Putin estaría reclutando a combatientes palestinos y sirios para luchar en Ucrania
putin ukraine palestinians
Bashar al-Assad and Vladimir Putin.
Vladimir Putin would be recruiting Palestinian refugees in Lebanon and Syrian elite soldiers to fight in Ukraine after a brief military training. The Palestinians would earn about 350 dollars a month (about 329 euros) and about 300 have already completed their training and have been sent to the front.
A journalistic investigation indicates that young Palestinians residing in Lebanon are contacted by activists linked to the Palestinian Embassy. They are looking for Palestinians born after 1969 because they do not have official Lebanese documentation and this makes it easier for them to travel to join the conflict as mercenaries. The Lebanese government also does not have the power to monitor or follow their movements in Ukraine. Most of them come from the largest Palestinian refugee camp in the country, Ein al Jalua, located south of the city of Sidon and are usually affiliated with the Palestinian movement Al Fatá led by Palestinian President Mahmud Abbas, or the Popular Front for Liberation. of Palestine (PFLP).
This recruitment would be known and even coordinated with the Islamist Hezbollah militia party. The pro-Iranian organization itself would be recruiting sympathizers with knowledge of drone management and experts in urban guerrilla warfare. This recruitment is favored by the “miserable” situation in the refugee camps, in the words of the Lebanese researcher Riad Kahwayi: “There are no jobs for young people,” he pointed out.
putin ukraine palestinians
Bashar al-Assad and Vladimir Putin.
Vladimir Putin would be recruiting Palestinian refugees in Lebanon and Syrian elite soldiers to fight in Ukraine after a brief military training.

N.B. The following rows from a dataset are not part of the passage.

-- ===== src/Frames/Contiguous.antt =====
-- `allocate_contiguous_frames` of src/mm/memory.rs: first fit over runs of free frames.
use nwin_os.Common.{
  ℕ, zero, suc, ◌+◌, ◌-◌, ◌*◌, ◌≤◌, ◌<◌, ◌≡◌, refl, ◌∙◌, Bool, true, false, ◌&&◌, Option, none,
  some, inl, inr, ltb, leb, ◌==◌, if◌then◌else◌, get_or, arith, ℕ_discrete, dec_lt, dec_le,
  Bool-cases, subst, ==_iff, ==_ne,
}
use nwin_os.Frames.{
  BitmapFrameAllocator, frame_size, force_set_bit, test_bit, free_run, set_run, contiguous_from,
  allocate_contiguous_frames,
}
use nwin_os.Frames.Laws.{
  IsValid, force_set_bit-IsValid, count-force_set_bit, total-force_set_bit, hint-force_set_bit,
}
use nwin_os.Frames.Search.{out_of_range}

-- The `n` frames from `i` on are free.
abbrev pub IsFreeRun : BitmapFrameAllocator → ℕ → ℕ → Type 0
IsFreeRun a i n = (g : ℕ) → i ≤ g → g < i + n → test_bit a g ≡ false

record RunLength (a : BitmapFrameAllocator) (n i run : ℕ) : Type 0 where
  within : run ≤ n
  free : IsFreeRun a i run
  stopped : run < n → test_bit a (i + run) ≡ true

one_more :
    (a : BitmapFrameAllocator) (n i run : ℕ)
    → test_bit a i ≡ false
    → RunLength a n (i + 1) run
    → RunLength a (suc n) i (suc run)
one_more a n i run free rest = record {
  within = omega (arith, rest.within);
  free = λ g lo hi. elim (ℕ_discrete i g) [
    | yes same ↦ rw (← same) free
    | no other ↦ rest.free g (omega arith) (omega arith)
  ];
  stopped = λ h. subst (λ j. test_bit a j ≡ true) (omega arith) (rest.stopped (omega arith));
}

free_run_lem : (a : BitmapFrameAllocator) (n i : ℕ) → RunLength a n i (free_run a n i)
unfolding free_run
free_run_lem a zero i = record {
  within = omega arith;
  free = λ g lo hi. absurd (omega arith);
  stopped = λ h. absurd (omega arith);
}
free_run_lem a (suc n) i = elim (Bool-cases (test_bit a i)) [
  | inl busy ↦ rw busy (record {
    within = omega arith;
    free = λ g lo hi. absurd (omega arith);
    stopped = λ h. subst (λ j. test_bit a j ≡ true) (omega arith) busy;
  })
  | inr free ↦ rw free (one_more a n i _ free (free_run_lem a n (i + 1)))
]

-- The `n` frames from `i` on have one owner each, and no other frame changes.
pub record TakesRun (a : BitmapFrameAllocator) (i n : ℕ) (a' : BitmapFrameAllocator) : Type 0 where
  pub valid : IsValid a'
  pub same_total : a'.total_frames ≡ a.total_frames
  pub same_hint : a'.last_free_frame_hint ≡ a.last_free_frame_hint
  pub counts :
      (g : ℕ)
      → get_or a'.ref_counts g 0 ≡ (if leb i g && ltb g (i + n) then 1 else get_or a.ref_counts g 0)

set_run_lem :
    (a : BitmapFrameAllocator) (n i : ℕ)
    → IsValid a
    → i + n ≤ a.total_frames
    → TakesRun a i n (set_run a n i)
unfolding set_run
set_run_lem a zero i v h = record {
  valid = v;
  same_total = refl;
  same_hint = refl;
  counts = λ g. ground arith;
}
set_run_lem a (suc n) i v h =
    let rest =
      set_run_lem (force_set_bit a i) n (i + 1) (force_set_bit-IsValid a i v)
        (omega (arith, total-force_set_bit a i)) in
    record {
      valid = rest.valid;
      same_total = rest.same_total ∙ total-force_set_bit a i;
      same_hint = rest.same_hint ∙ hint-force_set_bit a i;
      counts = λ g. ground (arith, rest.counts g, count-force_set_bit a v i (omega arith) g);
    }

not_both : (b : Bool) → b ≡ true → b ≡ false → ⊥
not_both b p q = cc

-- No run of `count` free frames starts below `i`.
abbrev pub NoRunBelow : BitmapFrameAllocator → ℕ → ℕ → Type 0
NoRunBelow a count i = (j : ℕ) → j < i → ¬ IsFreeRun a j count

abbrev pub AllocatesRun :
    BitmapFrameAllocator → ℕ → Option (Option ℕ × BitmapFrameAllocator) → Type 0
AllocatesRun a count none = ⊥
AllocatesRun a count (some (none, a')) = (a' ≡ a) × ((j : ℕ) → ¬ IsFreeRun a j count)
AllocatesRun a count (some (some phys_addr, a')) =
    (i : ℕ) × (phys_addr ≡ i * frame_size)
    × IsFreeRun a i count
    × NoRunBelow a count i
    × TakesRun a i count a'

module _ (a : BitmapFrameAllocator) (count : ℕ) (pos : 0 < count) where
  -- A run that ends past the table is no free run.
  past_the_end : (j : ℕ) → a.total_frames < j + count → ¬ IsFreeRun a j count
  past_the_end j h run =
      not_both _ (out_of_range a (j + count - 1) (omega arith))
        (run (j + count - 1) (omega arith) (omega arith))

  fits : (i : ℕ) → IsFreeRun a i count → i + count ≤ a.total_frames
  fits i run = elim (dec_le (i + count) a.total_frames) [
    | yes h ↦ h
    | no h ↦ absurd (past_the_end i (omega arith) run)
  ]

  -- A busy frame at `i + run` rules out the runs that start from `i` up to it.
  skip :
      (i run : ℕ)
      → run < count
      → test_bit a (i + run) ≡ true
      → NoRunBelow a count i
      → NoRunBelow a count (i + (run + 1))
  skip i run short busy before j h free = elim (dec_lt j i) [
    | yes below ↦ before j below free
    | no above ↦ not_both _ busy (free (i + run) (omega arith) (omega arith))
  ]

  finished :
      (i : ℕ) → a.total_frames - count < i → NoRunBelow a count i → (j : ℕ) → ¬ IsFreeRun a j count
  finished i done before j free = elim (dec_lt j i) [
    | yes below ↦ before j below free
    | no above ↦ past_the_end j (omega arith) free
  ]

  contiguous_from-AllocatesRun :
      (fuel i : ℕ)
      → IsValid a
      → a.total_frames - count + 1 - i < fuel
      → NoRunBelow a count i
      → AllocatesRun a count (contiguous_from fuel a count i)
  unfolding contiguous_from
  contiguous_from-AllocatesRun zero i v enough before = absurd (omega arith)
  contiguous_from-AllocatesRun (suc fuel) i v enough before =
      elim (Bool-cases (leb i (a.total_frames - count))) [
        | inr past ↦ rw past (refl, finished i (ground arith) before)
        | inl inside ↦ elim (Bool-cases (free_run a count i == count)) [
          | inl whole ↦
              let run : IsFreeRun a i count =
                subst (IsFreeRun a i) ((==_iff _ _).0 whole) (free_run_lem a count i).free in
              rw (inside, whole) (i, refl, run, before, set_run_lem a count i v (fits i run))
          | inr short ↦
              let more : free_run a count i < count =
                ground (arith, (free_run_lem a count i).within) in
              rw (inside, short)
                (contiguous_from-AllocatesRun fuel (i + (free_run a count i + 1)) v (ground arith)
                  (skip i (free_run a count i) more ((free_run_lem a count i).stopped more) before))
        ]
      ]

-- On a valid allocator `allocate_contiguous_frames` for a positive count ends within its fuel. It
-- takes the lowest run of that many free frames: each gets one owner, no other frame and not the
-- hint change, and the invariant is kept. It fails only where no such run exists, and then changes
-- nothing.
pub allocate_contiguous_frames-AllocatesRun :
    (a : BitmapFrameAllocator) (count : ℕ)
    → IsValid a
    → 0 < count
    → AllocatesRun a count (allocate_contiguous_frames a count)
unfolding allocate_contiguous_frames
allocate_contiguous_frames-AllocatesRun a count v pos = rw (==_ne count 0 (omega arith)) (
    contiguous_from-AllocatesRun a count pos (a.total_frames + 2) 0 v (omega arith)
      (λ j h. absurd (omega arith)))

The Palestinians would earn about 350 dollars a month (about 329 euros) and about 300 have already completed their training and have been sent to the front.
A journalistic investigation indicates that young Palestinians residing in Lebanon are contacted by activists linked to the Palestinian Embassy. They are looking for Palestinians born after 1969 because they do not have official Lebanese documentation and this makes it easier for them to travel to join the conflict as mercenaries. The Lebanese government also does not have the power to monitor or follow their movements in Ukraine. Most of them come from the largest Palestinian refugee camp in the country, Ein al Jalua, located south of the city of Sidon and are usually affiliated with the Palestinian movement Al Fatá led by Palestinian President Mahmud Abbas, or the Popular Front for Liberation. of Palestine (PFLP).
This recruitment would be known and even coordinated with the Islamist Hezbollah militia party. The pro-Iranian organization itself would be recruiting sympathizers with knowledge of drone management and experts in urban guerrilla warfare. This recruitment is favored by the “miserable” situation in the refugee camps, in the words of the Lebanese researcher Riad Kahwayi: “There are no jobs for young people,” he pointed out.
As for Syria, the fighters are recruited by the Wagner Group, specialized in operations with mercenaries, at the Russian base of Jmeimim, near Latakia. Syrian Army soldiers are also sent to Ukraine, in particular from the 25th Special Operations Division, made up of soldiers already trained by Russia in the framework of the Syrian civil war and who would receive between 500 and 700 dollars a month.